= Directions =
Repeat every record below exactly as it appears.

= Study material =
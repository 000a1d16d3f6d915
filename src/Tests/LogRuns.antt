-- ===== src/Tests/LogRuns.antt =====
-- The theorems on `TaskLogBuffer`, applied to a ring of four bytes.
use sandboxed_workspace_mcp.Base.{
  ◌≡◌, ◌-◌, refl, true, some, ok, text, List, [], ◌∷◌, arith, length, Text, map, if◌then◌else◌, ltb,
  utf8_size, utf8_width,
}
use sandboxed_workspace_mcp.Streams.{Bytes, tag}
use sandboxed_workspace_mcp.Presentation.{cut_utf8}
use sandboxed_workspace_mcp.LogBuffer.{
  LogBuffer, LogPage, Source, from_stdout, from_stderr, init, append, decode_bounded, read,
}
use sandboxed_workspace_mcp.LogBuffer.Trim.{flat}
use sandboxed_workspace_mcp.LogBuffer.Retained.{
  append_all, stream_of, empty_ring, append_all-Retains, exact_fill,
}
use sandboxed_workspace_mcp.LogBuffer.Contents.{Retains}
use sandboxed_workspace_mcp.LogBuffer.Reads.{IsPage, read-IsPage}

abbrev writes : List (Source × Bytes)
writes = (from_stdout, text "abc") ∷ (from_stderr, text "xy") ∷ []

ring_built : init 4 ≡ ok (empty_ring 4)
unfolding init
ring_built = refl

append_all-Retains_example :
    (after : LogBuffer) × (append_all writes (empty_ring 4) ≡ some after)
    × Retains 4 (stream_of writes) after
append_all-Retains_example = append_all-Retains 4 (empty_ring 4) writes ring_built

filled_ring :
    (after : LogBuffer) × (append_all writes (empty_ring 4) ≡ some after)
    × Retains 4 (stream_of writes) after
filled_ring = append_all-Retains 4 (empty_ring 4) writes ring_built

abbrev filled : LogBuffer
filled = filled_ring.0

-- Decodes ASCII, and replaces any other byte.
abbrev decode_ascii : Bytes → Text
decode_ascii = map (λ c. if ltb c 128 then c else 65533)

read-IsPage_example :
    (page : LogPage) × (read decode_ascii 0 filled ≡ ok page)
    × IsPage decode_ascii (stream_of writes) 0 (length (stream_of writes) - 4) page
read-IsPage_example =
    read-IsPage decode_ascii 4 (stream_of writes) filled 0 filled_ring.2 (omega arith)

-- Three bytes that are no UTF-8 take nine as replacement characters, and the text after them is lost.
lost_text : decode_bounded decode_ascii (255 ∷ 255 ∷ 255 ∷ text "abc") 6 ≡ 65533 ∷ 65533 ∷ []
unfolding decode_bounded cut_utf8 utf8_size utf8_width
lost_text = refl

exact_fill_example :
    (after : LogBuffer) × (append from_stdout (text "full") (empty_ring 4) ≡ some after)
    × (flat after.chunks ≡ tag true (text "full"))
    × (after.dropped ≡ true)
exact_fill_example = exact_fill 4 (empty_ring 4) from_stdout (text "full") ring_built refl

= Task result =
repository 000a1d16d3f6d915
filename src/Tests/LogRuns.antt
-- ===== src/Tests/LogRuns.antt =====
-- The theorems on `TaskLogBuffer`, applied to a ring of four bytes.
use sandboxed_workspace_mcp.Base.{
  ◌≡◌, ◌-◌, refl, true, some, ok, text, List, [], ◌∷◌, arith, length, Text, map, if◌then◌else◌, ltb,
  utf8_size, utf8_width,
}
use sandboxed_workspace_mcp.Streams.{Bytes, tag}
use sandboxed_workspace_mcp.Presentation.{cut_utf8}
use sandboxed_workspace_mcp.LogBuffer.{
  LogBuffer, LogPage, Source, from_stdout, from_stderr, init, append, decode_bounded, read,
}
use sandboxed_workspace_mcp.LogBuffer.Trim.{flat}
use sandboxed_workspace_mcp.LogBuffer.Retained.{
  append_all, stream_of, empty_ring, append_all-Retains, exact_fill,
}
use sandboxed_workspace_mcp.LogBuffer.Contents.{Retains}
use sandboxed_workspace_mcp.LogBuffer.Reads.{IsPage, read-IsPage}

abbrev writes : List (Source × Bytes)
writes = (from_stdout, text "abc") ∷ (from_stderr, text "xy") ∷ []

ring_built : init 4 ≡ ok (empty_ring 4)
unfolding init
ring_built = refl

append_all-Retains_example :
    (after : LogBuffer) × (append_all writes (empty_ring 4) ≡ some after)
    × Retains 4 (stream_of writes) after
append_all-Retains_example = append_all-Retains 4 (empty_ring 4) writes ring_built

filled_ring :
    (after : LogBuffer) × (append_all writes (empty_ring 4) ≡ some after)
    × Retains 4 (stream_of writes) after
filled_ring = append_all-Retains 4 (empty_ring 4) writes ring_built

abbrev filled : LogBuffer
filled = filled_ring.0

-- Decodes ASCII, and replaces any other byte.
abbrev decode_ascii : Bytes → Text
decode_ascii = map (λ c. if ltb c 128 then c else 65533)

read-IsPage_example :
    (page : LogPage) × (read decode_ascii 0 filled ≡ ok page)
    × IsPage decode_ascii (stream_of writes) 0 (length (stream_of writes) - 4) page
read-IsPage_example =
    read-IsPage decode_ascii 4 (stream_of writes) filled 0 filled_ring.2 (omega arith)

-- Three bytes that are no UTF-8 take nine as replacement characters, and the text after them is lost.
lost_text : decode_bounded decode_ascii (255 ∷ 255 ∷ 255 ∷ text "abc") 6 ≡ 65533 ∷ 65533 ∷ []
unfolding decode_bounded cut_utf8 utf8_size utf8_width
lost_text = refl

exact_fill_example :
    (after : LogBuffer) × (append from_stdout (text "full") (empty_ring 4) ≡ some after)
    × (flat after.chunks ≡ tag true (text "full"))
    × (after.dropped ≡ true)
exact_fill_example = exact_fill 4 (empty_ring 4) from_stdout (text "full") ring_built refl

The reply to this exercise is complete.